Finally, when calculating the amount of salts required for the mash, use only the volume of your strike/mash water, not the total batch volume. Once you have the mash chemistry right, if you want to adjust for other taste factors (like bitterness perception using SO4 or malt perception using Cl), then add the remaining salts to the boil.


----------



## Wolfy (22/4/10)

Thanks for the replies, and sorry for any confusion in my OP, I was trying to be concise rather than give an essay-type-description.
I didn't mean to indicate that there would be no salt additions, just that by using salts ONLY I'd still be above the target pH.

Recipe is for 24L, and using 3g Calcium Sulfate, 6g Calcium Chloride and 0.5g Epsom Salts will supply the required Calcium and give the Chloride to Sulfate ratio that I'm looking for.

However using Kolbach's equation and the info from Tony's .pdf, the mash PH is _still _going to be slightly higher than I'd like.
Adding both the Calcium Chloride and Epsom Salts (since both of these will lower PH) to the 17.5L of mash-water gives a predicted pH of 5.64 (adjusted for the touch of amber malt), the Calcium Sulfate would raise the mash pH so it can go in the kettle.
Tony also suggests "_acid rest and/or acid addition_" for such pale coloured beer in his very detailed Melborne-water related .pdf and I'm fairly confident he knows what he's talking about. 

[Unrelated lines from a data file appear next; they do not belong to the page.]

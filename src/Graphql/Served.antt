-- ===== src/Graphql/Served.antt =====
-- A rule on the writes holds of every request.
use omnivore_go.Prelude.{
  ℕ, Text, Bool, true, false, All, List, [], ◌∷◌, Option, none, some, ◌≡◌, refl, Bool-cases, inl,
  inr,
}
use omnivore_go.Graphql.Tables.{
  Label, LibraryItem, Store, Outside, find_label_by_name, get_labels, get_item, get_highlight,
}
use omnivore_go.Graphql.Inputs.{
  Code, refuse, CreateLabelInput, with_archived, CreateHighlightInput, new_highlight,
  UpdateHighlightInput, with_notes, UpdatePageInput, with_page,
}
use omnivore_go.Graphql.Resolver.{
  save_label, unless_named, create_label, parse_all, read_labels, set_labels, bookmarked,
  set_bookmark, set_bookmark_article, set_link_archived, save_highlight, create_highlight,
  change_highlight, remove_highlight, saved_at_of, reload_page, update_page, Request, serve,
  serve_all,
}
use omnivore_go.Graphql.Rules.{
  Rule, MayBy, Keeps, given_at, given-Keeps, written-Keeps, answered-Keeps, signed_in-Keeps,
  if_owner-Keeps, if_owner_at,
}

module _ (outside : Outside) (May : Text → Type 0) (R : Store → Store → Type 0)
    (rule : Rule outside May R) where
  unless_named-Keeps :
      (u : Text) (input : CreateLabelInput) (found : Option Label) (s : Store)
      → May u
      → find_label_by_name outside u input.name s ≡ some found
      → R s (unless_named outside u input found s).1
  unfolding unless_named save_label refuse
  unless_named-Keeps u input (some l) s may e = rule.same s
  unless_named-Keeps u input none s may e =
      written-Keeps outside May R rule Code.bad_request _ s _ (rule.inserts_label u input s may e)

  create_label-Keeps :
      (caller : Option Text) (input : CreateLabelInput)
      → MayBy outside May caller
      → Keeps outside May R rule (create_label outside caller input)
  unfolding create_label
  create_label-Keeps caller input n = signed_in-Keeps outside May R rule _ _ caller _ n (λ u may s.
      given_at outside May R rule _ (find_label_by_name outside u input.name s) _ s
        (λ found e. unless_named-Keeps u input found s may e))

  read_labels-Keeps :
      (u : Text) (ids : List Text) (s : Store) (r : Bool × Store)
      → R s r.1
      → R s (read_labels outside u ids r).1
  unfolding read_labels
  read_labels-Keeps u ids s (ok, t) h = elim (Bool-cases ok) [
    | inl e ↦
        rw e (answered-Keeps outside May R rule Code.bad_request (get_labels outside u ids t) s t h)
    | inr e ↦ rw e h
  ]

  set_labels-Keeps :
      (caller : Option Text) (page : Text) (ids : List Text)
      → MayBy outside May caller
      → Keeps outside May R rule (set_labels outside caller page ids)
  unfolding set_labels
  set_labels-Keeps caller page ids n = signed_in-Keeps outside May R rule _ _ caller _ n (λ u may.
      given-Keeps outside May R rule _ (outside.parse_uuid page) _ (λ item s.
        given_at outside May R rule _ (get_item outside u item s) _ s (λ row found.
          if_owner_at outside May R rule _ u row.user_id _ s (λ same.
            given_at outside May R rule _ (parse_all outside ids) _ s (λ parsed e.
              read_labels-Keeps u parsed s _ (rule.sets_labels u item parsed row s may found))))))

  bookmarked-Keeps :
      (u : Text) (row : LibraryItem) (s : Store) (r : Bool × Store)
      → R s r.1
      → R s (bookmarked outside u row r).1
  unfolding bookmarked
  bookmarked-Keeps u row s (ok, t) h = elim (Bool-cases ok) [ inl e ↦ rw e h | inr e ↦ rw e h ]

  set_bookmark-Keeps :
      (keep : Bool) (u : Text) (row : LibraryItem)
      → May u
      → row.user_id ≡ u
      → Keeps outside May R rule (set_bookmark outside keep u row)
  unfolding set_bookmark
  set_bookmark-Keeps true u row may owned s = bookmarked-Keeps u row s (true, s) (rule.same s)
  set_bookmark-Keeps false u row may owned s =
      bookmarked-Keeps u _ s _ (rule.updates_item u _ s may owned)

  set_bookmark_article-Keeps :
      (caller : Option Text) (article : Text) (keep : Bool)
      → MayBy outside May caller
      → Keeps outside May R rule (set_bookmark_article outside caller article keep)
  unfolding set_bookmark_article
  set_bookmark_article-Keeps caller article keep n =
      signed_in-Keeps outside May R rule _ _ caller _ n (λ u may.
        given-Keeps outside May R rule _ (outside.parse_uuid article) _ (λ id s.
          given-Keeps outside May R rule _ (get_item outside u id s) _
            (λ row.
              if_owner-Keeps outside May R rule _ u row.user_id _
                (set_bookmark-Keeps keep u row may))
            s))

  with_archived-owner :
      (archived : Bool) (at : ℕ) (row : LibraryItem)
      → (with_archived archived at row).user_id ≡ row.user_id
  unfolding with_archived
  with_archived-owner true at row = refl
  with_archived-owner false at row = refl

  set_link_archived-Keeps :
      (caller : Option Text) (link : Text) (archived : Bool)
      → MayBy outside May caller
      → Keeps outside May R rule (set_link_archived outside caller link archived)
  unfolding set_link_archived
  set_link_archived-Keeps caller link archived n =
      signed_in-Keeps outside May R rule _ _ caller _ n (λ u may.
        given-Keeps outside May R rule _ (outside.parse_uuid link) _ (λ id s.
          given-Keeps outside May R rule _ (get_item outside u id s) _
            (λ row. if_owner-Keeps outside May R rule _ u row.user_id _ (λ same t.
              written-Keeps outside May R rule _ _ t _ (
                rule.updates_item u (with_archived archived (outside.now t) row) t may
                  (rw (with_archived-owner archived (outside.now t) row) same))))
            s))

  create_highlight-Keeps :
      (caller : Option Text) (input : CreateHighlightInput)
      → MayBy outside May caller
      → Keeps outside May R rule (create_highlight outside caller input)
  unfolding create_highlight save_highlight new_highlight
  create_highlight-Keeps caller input n =
      signed_in-Keeps outside May R rule _ _ caller _ n (λ u may.
        given-Keeps outside May R rule _ (outside.parse_uuid input.id) _ (λ id.
          given-Keeps outside May R rule _ (outside.parse_uuid input.article_id) _ (λ item s.
            given-Keeps outside May R rule _ (get_item outside u item s) _
              (λ row. if_owner-Keeps outside May R rule _ u row.user_id _ (λ same t.
                written-Keeps outside May R rule _ _ t _
                  (rule.inserts_highlight (new_highlight u id item input) t may)))
              s)))

  change_highlight-Keeps :
      (caller : Option Text) (input : UpdateHighlightInput)
      → MayBy outside May caller
      → Keeps outside May R rule (change_highlight outside caller input)
  unfolding change_highlight with_notes
  change_highlight-Keeps caller input n =
      signed_in-Keeps outside May R rule _ _ caller _ n (λ u may.
        given-Keeps outside May R rule _ (outside.parse_uuid input.highlight_id) _ (λ id s.
          given-Keeps outside May R rule _ (get_highlight outside id s) _
            (λ h. if_owner-Keeps outside May R rule _ u h.user_id _ (λ same t.
              written-Keeps outside May R rule _ _ t _
                (rule.updates_highlight u (with_notes input h) t may same)))
            s))

  remove_highlight-Keeps :
      (caller : Option Text) (highlight : Text)
      → MayBy outside May caller
      → Keeps outside May R rule (remove_highlight outside caller highlight)
  unfolding remove_highlight
  remove_highlight-Keeps caller highlight n =
      signed_in-Keeps outside May R rule _ _ caller _ n (λ u may.
        given-Keeps outside May R rule _ (outside.parse_uuid highlight) _ (λ id s.
          given-Keeps outside May R rule _ (get_highlight outside id s) _
            (λ h t. written-Keeps outside May R rule _ _ t _ (rule.deletes_highlight u id t may))
            s))

  reload_page-Keeps :
      (u id : Text) (s : Store) (r : Bool × Store) → R s r.1 → R s (reload_page outside u id r).1
  unfolding reload_page
  reload_page-Keeps u id s (ok, t) h = elim (Bool-cases ok) [
    | inl e ↦
        rw e (answered-Keeps outside May R rule Code.not_found (get_item outside u id t) s t h)
    | inr e ↦ rw e h
  ]

  update_page-Keeps :
      (caller : Option Text) (input : UpdatePageInput)
      → MayBy outside May caller
      → Keeps outside May R rule (update_page outside caller input)
  unfolding update_page with_page
  update_page-Keeps caller input n = signed_in-Keeps outside May R rule _ _ caller _ n (λ u may.
      given-Keeps outside May R rule _ (outside.parse_uuid input.page_id) _ (λ id s.
        given-Keeps outside May R rule _ (get_item outside u id s) _
          (λ row. if_owner-Keeps outside May R rule _ u row.user_id _ (λ same.
            given-Keeps outside May R rule _ (saved_at_of outside input.saved_at row.saved_at) _
              (λ at t. reload_page-Keeps u id t _ (rule.updates_item u _ t may same))))
          s))

  serve-Keeps :
      (caller : Option Text) (q : Request) (s : Store)
      → MayBy outside May caller
      → R s (serve outside caller q s)
  unfolding serve
  serve-Keeps caller (Request.create_label_request input) s n = create_label-Keeps caller input n s
  serve-Keeps caller (Request.set_labels_request page ids) s n =
      set_labels-Keeps caller page ids n s
  serve-Keeps caller (Request.bookmark_request a keep) s n =
      set_bookmark_article-Keeps caller a keep n s
  serve-Keeps caller (Request.archive_request l a) s n = set_link_archived-Keeps caller l a n s
  serve-Keeps caller (Request.create_highlight_request input) s n =
      create_highlight-Keeps caller input n s
  serve-Keeps caller (Request.update_highlight_request input) s n =
      change_highlight-Keeps caller input n s
  serve-Keeps caller (Request.delete_highlight_request id) s n =
      remove_highlight-Keeps caller id n s
  serve-Keeps caller (Request.update_page_request input) s n = update_page-Keeps caller input n s

  pub serve_all-Keeps :
      (qs : List (Option Text × Request)) (s : Store)
      → All (λ q. MayBy outside May q.0) qs
      → R s (serve_all outside qs s)
  unfolding serve_all
  serve_all-Keeps [] s h = (rule.same s)
  serve_all-Keeps ((caller, q) ∷ qs) s (n, h) =
      rule.then_again s (serve outside caller q s) _ (serve-Keeps caller q s n)
        (serve_all-Keeps qs (serve outside caller q s) h)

As a result using ONLY salts to adjust the pH down further is going to require much larger quantities than the those indicated above (much close to 20g+ that I indicated in the OP), and I don't want to do that for obvious reasons.

Being lactose-intolerant I'm trying to stay away from anything 'lactic', so that's the only reason I'd not want to use Lactic Acid (even if it might be fine to use).

Which still leaves me with either the _hope _that an Acid Rest will create just enough to slightly lower the pH or to add additional acid to the mash.
Adding the salts to the mash, performing the Acid Rest and _then _testing the pH is the logical thing to do.
But I'd like to take the time now to work out the acid addition information now rather than in a panic if the while mashing - else I might end up just taking *RobW*'s approach and tossing random amounts of Citric in.


----------



## fraser_john (22/4/10)

I am lactose intolerant as well and have used lactic acid in the past to no ill effect. I have however switched to citric acid and just add a pinch at a time to the mash until I get the pH I need AFTER salt additions. Usually only needs a pinch or two.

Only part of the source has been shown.